I just started taking the back flow class this week. Here the cert is good for three years. The gauges have to be calibrated every year.
The class for certs takes 40 hours. After that is a 40 hour rebuild class. Then there is a 32 hour cross connection class. 
 Several of the cities require a face to face meeting with the water department before you are allowed to test and repair in their jurisdiction.


----------



## MarkToo (Dec 17, 2011)

ZL700 said:


> That wasn't my purpose or point but,
> 
> Why would someone hire to test but they can't service or fix? Just saying-



I think it's a work around for the irrigation folks maybe? They can do an annual on their PVB when winterizing.


----------



## DesertOkie (Jul 15, 2011)

I have tested two here in 14 months, both were for OSHA inspections. In Tucson every business was required to have one some places more

They were tested every year with paper work going to the water dept. If the test was not done, they popped them for $88 and turned the water off if not done in 3 days. If they turned the water off the turn on fee was pricey. 

I did all the testing at my company for a few years, most of the rebuilding also, most of the techs were afraid of them.

40 hr cert coarse test & rebuild. Retest every 3 yrs with your own gauges, calibrate every year.

I miss the easy money.


----------



## 422 plumber (Jul 31, 2008)

SewerRatz said:


> Rock here is a great source for valves, parts, test equipment and even free downloads of parts books and such. http://testgauge.net/


That's who I use. In Illinois, you have to be a licensed plumber to get a Cross Connection Control Device Inspection License. Unless you work for a water purveyor and then you can only test the devices at your treatment plant.


----------



## user7551 (Oct 21, 2011)

Something else to look into is permit confined space training , a lot of city's here in Texas are requiring this along with the bpat license now.


----------



## studmaster1 (Dec 10, 2011)

I go insane thinking about th amount of time and money I spent geting educated and certified an then walk into someones home where the sprinkler geniuses put a 1024 on the line (not kosher). I ask the customer if they know what it is and why its important to have it tested and certified by a competant person at least once a year and have yet to come accross anyone who could answer me. I think the water authority should be cracking down on these irrigation companies.
Oh, and look on the CDC's website to see how many waterborne illnesses and deaths occor anually because of cross connections.


----------



## Turd Chaser (Dec 1, 2011)

In Wisconsin, we have to be licensed by the state. However you do not need to be a plumber in order to test backflows. We recently signed a large commercial contract to test backflows (which always leads to more work). They went with us (plumbers) because their old backflow tester was a soccer mom. Literally she would show up in her minivan and leave the kids in the van while she tested several backflows. If you think about it, it is a great gig for a stay at home mom or a retired person.

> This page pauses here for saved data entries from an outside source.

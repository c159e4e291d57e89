-- ===== src/Staging.antt =====
-- src/staging.rs: the sizes of a record and of a staging buffer, in bytes.
use tls.Base.{ℕ, ◌+◌, ◌*◌, ◌^◌}

abbrev pub max_plaintext : ℕ
max_plaintext = 2 ^ 14

abbrev pub max_tls_record : ℕ
max_tls_record = 5 + max_plaintext + 256

abbrev pub staging_headroom : ℕ
staging_headroom = 8 * 1024

abbrev pub tls_staging_cap : ℕ
tls_staging_cap = max_tls_record + staging_headroom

Contact your local union, they are always offering classes. If you do not belong to a union (join one...j/k) they will still let you take the class, only you have to pay for it where as us union members get the classes for free. But believe me we are paying for it one way or another.


----------



## Fireguy97 (Jan 6, 2012)

MarkToo said:


> I think it's a work around for the irrigation folks maybe? They can do an annual on their PVB when winterizing.


Everything that you can and can't do in plumbing is based on the inspectors interpretation of code. In British Columbia, our plumbing code states that only a licensed plumber can make any "change" to the existing plumbing system. I can test, repair, and replace an existing backflow assembly. I'm not making any changes to the system, and everything is legal with the municipality and inspectors.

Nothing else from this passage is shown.